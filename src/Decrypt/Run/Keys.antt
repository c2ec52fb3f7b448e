-- ===== src/Decrypt/Run/Keys.antt =====
-- The part of `Run` of the decrypt tool before its files: which tokens give which key.
use backupy_agent.Prelude.{
  ◌≡◌, refl, sym, ◌∙◌, ap, true, length, Result, ok, err, ◌>>=◌, map_err, arith, >>=-passed,
  ok-injective, subst,
}
use backupy_agent.Prelude.Bytes.{Bytes, codes}
use backupy_agent.Prelude.Int.{ℤ, pos, negsuc}
use backupy_agent.Prelude.Strings.{equal_fold}
use backupy_agent.Decrypt.Token.{DecryptionClaims, parse_decryption}
use backupy_agent.Decrypt.Run.{
  ToolError, Host, token_error, check_algorithm, is_version_one, check_dek_length, key_of_token,
  issuer_expected, audience_expected,
}

map_err-ok : {E F A : Type 0} (f : E → F) (r : Result E A) {a : A} → map_err f r ≡ ok a → r ≡ ok a
map_err-ok f (ok b) h = ground arith
map_err-ok f (err e) h = absurd (ground arith)

is_version_one_lem : (v : ℤ) → is_version_one v ≡ true → v ≡ pos 1
unfolding is_version_one
is_version_one_lem (pos n) h = ground arith
is_version_one_lem (negsuc n) h = absurd (ground arith)

module _ (w : Host) where
  -- A token of this tool, with the key that it carries.
  pub record HasKey (token : Bytes) (c : DecryptionClaims) (dek : Bytes) : Type 0 where
    pub parsed : parse_decryption w.decoders w.now issuer_expected audience_expected token ≡ ok c
    pub algorithm : equal_fold c.algorithm (codes "AES-256-GCM") ≡ true
    pub version : c.format_version ≡ pos 1
    pub key : w.std_base64 c.dek_base64 ≡ ok dek
    pub full : length dek ≡ 32

  check_algorithm-ok :
      (c : DecryptionClaims) {u : Unit {0}}
      → check_algorithm c ≡ ok u
      → (equal_fold c.algorithm (codes "AES-256-GCM") ≡ true) × (c.format_version ≡ pos 1)
  unfolding check_algorithm
  check_algorithm-ok c h = (ground arith, is_version_one_lem c.format_version (ground arith))

  pub key_of_token-ok :
      (token : Bytes) {c : DecryptionClaims} {dek : Bytes}
      → key_of_token w token ≡ ok (c, dek)
      → HasKey token c dek
  unfolding key_of_token check_dek_length
  key_of_token-ok token {c} {dek} h =
      let parse = parse_decryption w.decoders w.now issuer_expected audience_expected token in
      let (c', hc, h1) = >>=-passed (map_err token_error parse) _ h in
      let (u, hu, h2) = >>=-passed (check_algorithm c') _ h1 in
      let (dek', hd, h3) =
        >>=-passed (map_err ToolError.dek_base64 (w.std_base64 c'.dek_base64) >>= check_dek_length)
          _ h2 in
      let (raw, hr, hl) =
        >>=-passed (map_err ToolError.dek_base64 (w.std_base64 c'.dek_base64)) _ hd in
      let same : (c', dek') ≡ (c, dek) = ok-injective refl refl h3 in
      let (alg, version) = check_algorithm-ok c' hu in
      let long : length raw ≡ 32 = ground arith in
      let it : raw ≡ dek' = ground arith in
      let good : HasKey token c' dek' = record {
        parsed = map_err-ok token_error parse hc;
        algorithm = alg;
        version = version;
        key = map_err-ok ToolError.dek_base64 (w.std_base64 c'.dek_base64) hr ∙ ap ok it;
        full = ap (λ (b : Bytes). length b) (sym it) ∙ long;
      } in
      subst (λ (p : DecryptionClaims × Bytes). HasKey token p.0 p.1) same good

  pub key_of_token-HasKey :
      (token : Bytes) {c : DecryptionClaims} {dek : Bytes}
      → HasKey token c dek
      → key_of_token w token ≡ ok (c, dek)
  unfolding key_of_token check_algorithm is_version_one check_dek_length
  key_of_token-HasKey token k =
      rw (key_of_token, k.parsed, k.algorithm, k.version, k.key, k.full) refl
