-- ===== src/Decrypt/Run/Accepting.antt =====
-- What a successful `Run` of the decrypt tool has read, checked and written.
use backupy_agent.Prelude.{
  ℕ, ◌≡◌, ◌⊎◌, refl, sym, ◌∙◌, ap, true, false, Bool-cases, Option-cases, inl, inr, Option, none,
  some, List, [], ◌∷◌, ◌++◌, Result, ok, err, Result-cases, arith, All, subst,
}
use backupy_agent.Prelude.Bytes.{Bytes, IsByte, is_empty}
use backupy_agent.Prelude.Strings.{equal_fold}
use backupy_agent.Io.{Fault, Reader}
use backupy_agent.Cipher.{Aead, IsGcm}
use backupy_agent.Wire.{Frame, IsFrame, wire, plaintext}
use backupy_agent.Decrypt.Token.{DecryptionClaims}
use backupy_agent.Decrypt.Stream.{StreamError, decrypt_stream}
use backupy_agent.Decrypt.Stream.Hashing.{decrypt_stream_hashes}
use backupy_agent.Decrypt.Run.Keys.{HasKey, key_of_token-ok}
use backupy_agent.Decrypt.Run.{
  Options, ToolError, Host, returned, Ran, key_of_token, check_sha, close_and_check, finish_stream,
  run_direct, run_piped, run_opened, failed_before, open_files, run_tool,
}

is_empty_lem : (s : Bytes) → is_empty s ≡ true → s ≡ []
is_empty_lem [] h = refl
is_empty_lem (b ∷ bs) h = absurd (ground arith)

returned-injective : {r s : Result ToolError (Unit {0})} → returned r ≡ returned s → r ≡ s
returned-injective h = cc

module _ (w : Host) (opts : Options) where
  -- The claimed hash is that of the bytes that were hashed, unless it is not claimed or not looked at.
  abbrev pub HashHolds : DecryptionClaims → Bytes → Type 0
  HashHolds c hashed =
      (equal_fold (w.hex_sha256 hashed) c.sha256 ≡ true)
      ⊎ (opts.verify_sha256 ≡ false)
      ⊎ (c.sha256 ≡ [])

  -- What the file holds of a plaintext, and that the copying of it was complete.
  abbrev pub FileHolds : Bytes → Option ℕ → Option Bytes → Type 0
  FileHolds plain room file =
      ((opts.skip_decompress ≡ true) × (file ≡ some plain))
      ⊎ ((opts.skip_decompress ≡ false)
          × (file ≡ some (w.copy plain room).produced)
          × ((w.copy plain room).error ≡ none)
          × ((w.copy plain room).stopped ≡ false))

  check_sha-ok :
      (c : DecryptionClaims) (hashed : Bytes)
      → check_sha w opts c hashed ≡ ok tt
      → HashHolds c hashed
  unfolding check_sha
  check_sha-ok c hashed h = elim (Bool-cases opts.verify_sha256) [
    | inr off ↦ inr (inl off)
    | inl on ↦ elim (Bool-cases (is_empty c.sha256)) [
      | inl empty ↦ inr (inr (is_empty_lem c.sha256 empty))
      | inr filled ↦ inl (ground arith)
    ]
  ]

  finish_stream-ok :
      (c : DecryptionClaims) (sink_error : Option Fault) (r : Result StreamError (Unit {0}))
      (hashed : Bytes)
      → finish_stream w opts c sink_error r hashed ≡ ok tt
      → (r ≡ ok tt) × (sink_error ≡ none) × HashHolds c hashed
  unfolding finish_stream close_and_check
  finish_stream-ok c e (err x) hashed h = absurd (ground arith)
  finish_stream-ok c (some e) (ok tt) hashed h = absurd (ground arith)
  finish_stream-ok c none (ok tt) hashed h = elim (Option-cases w.close_file) [
    | inr (e, bad) ↦ absurd (ground arith)
    | inl fine ↦ (refl, refl, check_sha-ok c hashed (ground arith))
  ]

  -- What a successful run leaves of an opened input.
  pub record Decrypted (c : DecryptionClaims) (aead : Aead) (source : Reader) (room : Option ℕ)
      (file : Option Bytes) : Type 0 where
    pub frames : List Frame
    pub framed : All IsFrame frames
    pub unread : Bytes
    pub read : source.bytes ≡ wire aead frames ++ unread
    pub hash : HashHolds c (wire aead frames)
    pub holds : FileHolds (plaintext frames) room file

  module _ (c : DecryptionClaims) (aead : Aead) (gcm : IsGcm aead) (source : Reader)
      (room : Option ℕ) (byte : All IsByte source.bytes) where
    run_direct-Decrypted :
        opts.skip_decompress ≡ true
        → (run_direct w opts c aead source room).outcome ≡ returned (ok tt)
        → Decrypted c aead source room (run_direct w opts c aead source room).file
    unfolding run_direct
    run_direct-Decrypted skip h =
        let (r, s) = decrypt_stream aead w.ctx source (record { written = []; room = room }) in
        let (done, e, hash) = finish_stream-ok c none r s.hashed (returned-injective h) in
        let (fs, framed, read, wrote, hashed) =
          decrypt_stream_hashes aead w.ctx gcm source room byte done in
        record {
          frames = fs;
          framed = framed;
          unread = s.source.bytes;
          read = read;
          hash = subst (HashHolds c) hashed hash;
          holds = inl (skip, ap some wrote);
        }

    run_piped-Decrypted :
        opts.skip_decompress ≡ false
        → (run_piped w opts c aead source room).outcome ≡ returned (ok tt)
        → Decrypted c aead source room (run_piped w opts c aead source room).file
    unfolding run_piped
    run_piped-Decrypted unzip h =
        let (r, s) = decrypt_stream aead w.ctx source (record { written = []; room = none }) in
        let copied = w.copy s.out.written room in
        elim (Bool-cases copied.stopped) [
          | inl stuck ↦ absurd (ground arith)
          | inr free ↦
              let ends : finish_stream w opts c copied.error r s.hashed ≡ ok tt =
                returned-injective (ground arith) in
              let (done, no_error, hash) = finish_stream-ok c copied.error r s.hashed ends in
              let (fs, framed, read, wrote, hashed) =
                decrypt_stream_hashes aead w.ctx gcm source none byte done in
              let holds : FileHolds s.out.written room (some copied.produced) =
                inr (unzip, refl, no_error, free) in
              record {
                frames = fs;
                framed = framed;
                unread = s.source.bytes;
                read = read;
                hash = subst (HashHolds c) hashed hash;
                holds = subst (λ (p : Bytes). FileHolds p room (some copied.produced)) wrote holds;
              }
        ]

    as_ran :
        (r s : Ran)
        → r ≡ s
        → r.outcome ≡ returned (ok tt)
        → (s.outcome ≡ returned (ok tt) → Decrypted c aead source room s.file)
        → Decrypted c aead source room r.file
    as_ran r s e h k =
        subst (λ (t : Ran). Decrypted c aead source room t.file) (sym e)
          (k (ap (λ (t : Ran). t.outcome) (sym e) ∙ h))

    run_opened-Decrypted :
        (dek : Bytes)
        → w.gcm dek ≡ aead
        → (run_opened w opts c dek source room).outcome ≡ returned (ok tt)
        → Decrypted c aead source room (run_opened w opts c dek source room).file
    run_opened-Decrypted dek same h = elim (Bool-cases opts.skip_decompress) [
      | inl skip ↦
          as_ran (run_opened w opts c dek source room) (run_direct w opts c aead source room)
            (unfold run_opened in ground arith) h (run_direct-Decrypted skip)
      | inr unzip ↦ elim (Option-cases w.new_reader) [
        | inr (e, bad) ↦ absurd (unfold run_opened in ground arith)
        | inl fine ↦
            as_ran (run_opened w opts c dek source room) (run_piped w opts c aead source room)
              (unfold run_opened in ground arith) h (run_piped-Decrypted unzip)
      ]
    ]

  open_files_lem :
      (source : Reader) (room : Option ℕ)
      → w.input ≡ ok source
      → w.output ≡ ok room
      → open_files w ≡ ok (source, room)
  unfolding open_files
  open_files_lem source room opened created = ground arith

  -- When `Run` succeeds on an input of bytes: the token was taken, names AES-256-GCM and version 1,
  -- and gave a key of 32 bytes; the input begins with a wire stream of genuine frames under that key;
  -- the output file holds what they carry, or what the decoder made of all of it without an error;
  -- and the claimed hash, if there is one and it is looked at, is that of this stream.
  pub run_tool_sound :
      (gcms : (dek : Bytes) → IsGcm (w.gcm dek)) (source : Reader) (room : Option ℕ)
      → All IsByte source.bytes
      → w.input ≡ ok source
      → w.output ≡ ok room
      → (run_tool w opts).outcome ≡ returned (ok tt)
      → (c : DecryptionClaims) × (dek : Bytes) × HasKey w opts.token c dek
        × Decrypted c (w.gcm dek) source room (run_tool w opts).file
  unfolding run_tool failed_before
  run_tool_sound gcms source room byte opened created h =
      elim (Result-cases (key_of_token w opts.token)) [
        | inr (e, bad) ↦ absurd (ground arith)
        | inl ((c, dek), good) ↦
            let files = open_files_lem source room opened created in
            (
              c,
              dek,
              key_of_token-ok w opts.token good,
              as_ran c (w.gcm dek) (gcms dek) source room byte (run_tool w opts)
                  (run_opened w opts c dek source room) (rw (run_tool, good, files) refl) h
                  (run_opened-Decrypted c (w.gcm dek) (gcms dek) source room byte dek refl),
            )
      ]
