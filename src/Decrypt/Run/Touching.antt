-- ===== src/Decrypt/Run/Touching.antt =====
-- When `Run` of the decrypt tool touches its output file.
use backupy_agent.Prelude.{
  ℕ, ◌≡◌, ◌≢◌, ◌↔◌, refl, sym, ◌∙◌, ap, Bool, true, false, not, inl, inr, Option, none, some, [],
  Result, ok, err, Result-cases, arith,
}
use backupy_agent.Prelude.Bytes.{Bytes}
use backupy_agent.Io.{Fault, Reader}
use backupy_agent.Decrypt.Token.{
  TokenError, expired, segments, payload_base64, payload_json, missing_claim, not_a_string,
  wrong_issuer, wrong_audience, DecryptionClaims, parse_decryption,
}
use backupy_agent.Decrypt.Stream.{StreamError, decrypt_stream}
use backupy_agent.Decrypt.Run.{
  Options, ToolError, zstd, close_sink, close_output, stream, sha256_mismatch, Host, Outcome,
  returned, Ran, token_error, check_algorithm, check_dek_length, key_of_token, check_sha,
  close_and_check, finish_stream, run_direct, run_piped, run_opened, failed_before, open_files,
  run_tool, issuer_expected, audience_expected,
}

-- The errors of the token, the key, and the opening of the two files.
abbrev pub is_early : ToolError → Bool
is_early (zstd e) = false
is_early (close_sink e) = false
is_early (close_output e) = false
is_early (stream e) = false
is_early (sha256_mismatch got want) = false
is_early e = true

abbrev is_late : Outcome → Bool
is_late (returned (err e)) = not (is_early e)
is_late o = true

module _ (w : Host) (opts : Options) where
  token_error-early : (e : TokenError) → is_early (token_error e) ≡ true
  unfolding token_error
  token_error-early expired = refl
  token_error-early (segments n) = refl
  token_error-early (payload_base64 e) = refl
  token_error-early (payload_json e) = refl
  token_error-early (missing_claim k) = refl
  token_error-early (not_a_string k) = refl
  token_error-early (wrong_issuer got want) = refl
  token_error-early (wrong_audience got want) = refl

  key_of_token_early : {e : ToolError} → key_of_token w opts.token ≡ err e → is_early e ≡ true
  unfolding key_of_token check_algorithm check_dek_length
  key_of_token_early {e} h =
      elim (Result-cases
        (parse_decryption w.decoders w.now issuer_expected audience_expected opts.token)) [
          | inr (x, bad) ↦ ground (arith, token_error-early x)
          | inl (c, good) ↦ ground arith
        ]

  open_files_early : {e : ToolError} → open_files w ≡ err e → is_early e ≡ true
  unfolding open_files
  open_files_early h = ground arith

  finish_stream_late :
      (c : DecryptionClaims) (e : Option Fault) (r : Result StreamError (Unit {0})) (hashed : Bytes)
      → is_late (returned (finish_stream w opts c e r hashed)) ≡ true
  unfolding finish_stream close_and_check check_sha
  finish_stream_late c e (err x) hashed = refl
  finish_stream_late c (some x) (ok u) hashed = refl
  finish_stream_late c none (ok u) hashed = ground arith

  run_opened_late :
      (c : DecryptionClaims) (dek : Bytes) (source : Reader) (room : Option ℕ)
      → let r = run_opened w opts c dek source room in (is_late r.outcome ≡ true) × (r.file ≢ none)
  unfolding run_opened run_direct run_piped
  run_opened_late c dek source room =
      let (r, s) = decrypt_stream (w.gcm dek) w.ctx source (record { written = []; room = room }) in
      let (r', s') =
        decrypt_stream (w.gcm dek) w.ctx source (record { written = []; room = none }) in
      let copied = w.copy s'.out.written room in
      (
        ground (
          arith,
          finish_stream_late c none r s.hashed,
          finish_stream_late c copied.error r' s'.hashed,
        ),
        λ h. ground arith,
      )

  -- An output file that is there stays untouched exactly when `Run` returns an error of the token,
  -- of the key, or of opening the input or the output; after every other outcome, errors of the
  -- decryption and a wrong hash included, it has been truncated.
  pub run_tool_untouched :
      ((run_tool w opts).file ≡ none)
      ↔ ((e : ToolError) × ((run_tool w opts).outcome ≡ returned (err e)) × (is_early e ≡ true))
  unfolding run_tool failed_before
  run_tool_untouched = elim (Result-cases (key_of_token w opts.token)) [
    | inr (e, bad) ↦ (λ h. (e, ground arith, key_of_token_early bad), λ h. ground arith)
    | inl ((c, dek), good) ↦ elim (Result-cases (open_files w)) [
      | inr (e, bad) ↦ (λ h. (e, ground arith, open_files_early bad), λ h. ground arith)
      | inl ((source, room), files) ↦
          let (late, written) = run_opened_late c dek source room in
          let goes : run_tool w opts ≡ run_opened w opts c dek source room =
            rw (run_tool, good, files) refl in
          (
            λ h. absurd (written (ap (λ (r : Ran). r.file) (sym goes) ∙ h)),
            λ h. let (e, failed, early) = h in ground arith,
          )
    ]
  ]
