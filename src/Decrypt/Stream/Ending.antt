-- ===== src/Decrypt/Stream/Ending.antt =====
-- The end of the loop of `decryptStream`, with the length of the input as its fuel.
use backupy_agent.Prelude.{
  ℕ, zero, suc, ◌+◌, ◌<◌, ◌≡◌, ◌≢◌, refl, sym, ◌∙◌, ap, Option, length, leb, err, arith,
  length-drop, Bool-cases, Option-cases, inl, inr, take,
}
use backupy_agent.Prelude.Words.{uint32}
use backupy_agent.Prelude.Bytes.{Bytes}
use backupy_agent.Io.{Fault, Reader, Writer}
use backupy_agent.Cipher.{Aead}
use backupy_agent.Decrypt.Stream.{
  StreamState, StreamError, out_of_fuel, Round, next, clean_eof, refuse, read_header_of,
  decrypt_round, decrypt_loop, decrypt_stream, open_frame,
}
use backupy_agent.Decrypt.Stream.Rounds.{
  taken, read_header_of-full, read_header_of-short, check_size-next, read_frame-next, loop-next,
  loop-clean, loop-refuse,
}

module _ (aead : Aead) (ctx : ℕ → Option Fault) where
  header_takes :
      (s : StreamState) {s' : StreamState}
      → read_header_of aead ctx s ≡ next s'
      → length s'.source.bytes < length s.source.bytes
  header_takes s {s'} h = elim (Bool-cases (leb 4 (length s.source.bytes))) [
    | inr short ↦ absurd (read_header_of-short aead ctx s short h)
    | inl full ↦
        let size = uint32 (take 4 s.source.bytes) in
        let t : StreamState = record (taken aead ctx 4 s) { processed = s.processed + 4 } in
        let (lo, hi, reading) =
          check_size-next aead ctx size t {s' = s'}
            (sym (read_header_of-full aead ctx s full) ∙ h) in
        let (pt, fits, opened, rest, wrote) = read_frame-next aead ctx size t {s' = s'} reading in
        omega (
          arith,
          ap (λ (l : Bytes). length l) rest,
          length-drop size t.source.bytes,
          length-drop 4 s.source.bytes,
        )
  ]

  round_takes :
      (s : StreamState) {s' : StreamState}
      → decrypt_round aead ctx s ≡ next s'
      → length s'.source.bytes < length s.source.bytes
  unfolding decrypt_round
  round_takes s {s'} h = elim (Option-cases (ctx s.rounds)) [
    | inl live ↦ header_takes (record s { rounds = s.rounds + 1 }) {s' = s'} (ground arith)
    | inr (e, dead) ↦ absurd (ground arith)
  ]

  open_has_fuel :
      (size : ℕ) (frame : Bytes) (s s' : StreamState)
      → open_frame aead ctx size frame s ≢ refuse out_of_fuel s'
  unfolding open_frame
  open_has_fuel size frame s s' h = ground arith

  round_has_fuel :
      (s : StreamState) (e : StreamError) {s' : StreamState}
      → decrypt_round aead ctx s ≡ refuse e s'
      → e ≢ out_of_fuel
  unfolding decrypt_round
  round_has_fuel s e h q = ground arith

  decrypt_loop_ends :
      (fuel : ℕ) (s : StreamState)
      → length s.source.bytes < fuel
      → (decrypt_loop aead ctx fuel s).0 ≢ err out_of_fuel
  decrypt_loop_ends zero s lt = absurd (omega arith)
  decrypt_loop_ends (suc fuel) s lt = from (decrypt_round aead ctx s) refl (decrypt_loop_ends fuel)
    where
      from :
          (r : Round)
          → decrypt_round aead ctx s ≡ r
          → ((s' : StreamState)
              → length s'.source.bytes < fuel
              → (decrypt_loop aead ctx fuel s').0 ≢ err out_of_fuel)
          → (decrypt_loop aead ctx (suc fuel) s).0 ≢ err out_of_fuel
      from (next s') e ih =
          rw (loop-next aead ctx fuel s e) (ih s' (omega (arith, round_takes s e)))
      from (clean_eof s') e ih = rw (loop-clean aead ctx fuel s e) (λ q. cc)
      from (refuse x s') e ih =
          rw (loop-refuse aead ctx fuel s e)
            (λ q. let x_fuel : x ≡ out_of_fuel = cc in round_has_fuel s x e x_fuel)

  -- The loop ends on every input, under every key, context and writer.
  pub decrypt_stream_ends :
      (source : Reader) (out : Writer) → (decrypt_stream aead ctx source out).0 ≢ err out_of_fuel
  unfolding decrypt_stream
  decrypt_stream_ends source out = decrypt_loop_ends (suc (length source.bytes)) _ (omega arith)
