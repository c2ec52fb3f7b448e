-- ===== src/Decrypt/Stream/Reordering.antt =====
-- Frames in another order: the header comment of decrypt.go says that a reordering fails.
use backupy_agent.Prelude.{
  ◌≡◌, refl, none, List, [], ◌∷◌, ◌++◌, ok, All, All-append, subst, append-nil, append_assoc,
}
use backupy_agent.Prelude.Bytes.{Bytes}
use backupy_agent.Cipher.{Aead, IsGcm}
use backupy_agent.Wire.{Frame, IsFrame, wire, plaintext}
use backupy_agent.Decrypt.Stream.{decrypt_stream}
use backupy_agent.Decrypt.Stream.Reading.{decrypt_stream-wire}

plaintext-append : (fs gs : List Frame) → plaintext (fs ++ gs) ≡ plaintext fs ++ plaintext gs
unfolding plaintext
plaintext-append [] gs = refl
plaintext-append (f ∷ fs) gs = rw (plaintext-append fs gs, append_assoc)

plaintext-pair :
    (fs gs : List Frame) (f g : Frame)
    → plaintext (fs ++ f ∷ g ∷ gs) ≡ plaintext fs ++ (f.plain ++ (g.plain ++ plaintext gs))
unfolding plaintext
plaintext-pair fs gs f g = plaintext-append fs (f ∷ g ∷ gs)

module _ (aead : Aead) (gcm : IsGcm aead) where
  -- The tool reads `input` and nothing cancels it.
  abbrev pub Writes : Bytes → Bytes → Type 0
  Writes input output =
      let (r, s) =
        decrypt_stream aead (λ _. none) (record { bytes = input; ends = none })
          (record { written = []; room = none }) in
      (r ≡ ok tt) × (s.out.written ≡ output)

  wire-Writes : (fs : List Frame) → All IsFrame fs → Writes (wire aead fs) (plaintext fs)
  wire-Writes fs h =
      let (r, plain, _, _) = decrypt_stream-wire aead gcm (λ _. none) (λ _. refl) fs [] none h in
      subst (λ b. Writes b (plaintext fs)) (append-nil (wire aead fs)) (r, plain)

  swap-Writes :
      (fs gs : List Frame) (f g : Frame)
      → All IsFrame fs
      → IsFrame f
      → IsFrame g
      → All IsFrame gs
      → Writes
          (wire aead (fs ++ f ∷ g ∷ gs))
          (plaintext fs ++ (f.plain ++ (g.plain ++ plaintext gs)))
  swap-Writes fs gs f g hfs hf hg hgs =
      subst (Writes (wire aead (fs ++ f ∷ g ∷ gs))) (plaintext-pair fs gs f g)
        (wire-Writes (fs ++ f ∷ g ∷ gs) (All-append IsFrame fs (f ∷ g ∷ gs) hfs (hf, (hg, hgs))))

  -- Two neighbouring frames of an upload may be exchanged: the tool takes both streams, and writes
  -- the two plaintexts in the order in which the frames came.
  pub decrypt_stream-swap :
      (fs gs : List Frame) (f g : Frame)
      → All IsFrame fs
      → IsFrame f
      → IsFrame g
      → All IsFrame gs
      → Writes
          (wire aead (fs ++ f ∷ g ∷ gs))
          (plaintext fs ++ (f.plain ++ (g.plain ++ plaintext gs)))
        × Writes
            (wire aead (fs ++ g ∷ f ∷ gs))
            (plaintext fs ++ (g.plain ++ (f.plain ++ plaintext gs)))
  decrypt_stream-swap fs gs f g hfs hf hg hgs =
      (swap-Writes fs gs f g hfs hf hg hgs, swap-Writes fs gs g f hfs hg hf hgs)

- [WHAT THE TASK REQUIRES]: Both end lines included, restate word for word the lines above from the line with "(arith, token_error-early x)" to the line with "(c : DecryptionClaims) (dek : Bytes) (source", and nothing else.

- [EXERCISE SOLUTION]:
          | inr (x, bad) ↦ ground (arith, token_error-early x)
          | inl (c, good) ↦ ground arith
        ]

  open_files_early : {e : ToolError} → open_files w ≡ err e → is_early e ≡ true
  unfolding open_files
  open_files_early h = ground arith

  finish_stream_late :
      (c : DecryptionClaims) (e : Option Fault) (r : Result StreamError (Unit {0})) (hashed : Bytes)
      → is_late (returned (finish_stream w opts c e r hashed)) ≡ true
  unfolding finish_stream close_and_check check_sha
  finish_stream_late c e (err x) hashed = refl
  finish_stream_late c (some x) (ok u) hashed = refl
  finish_stream_late c none (ok u) hashed = ground arith

  run_opened_late :
      (c : DecryptionClaims) (dek : Bytes) (source : Reader) (room : Option ℕ)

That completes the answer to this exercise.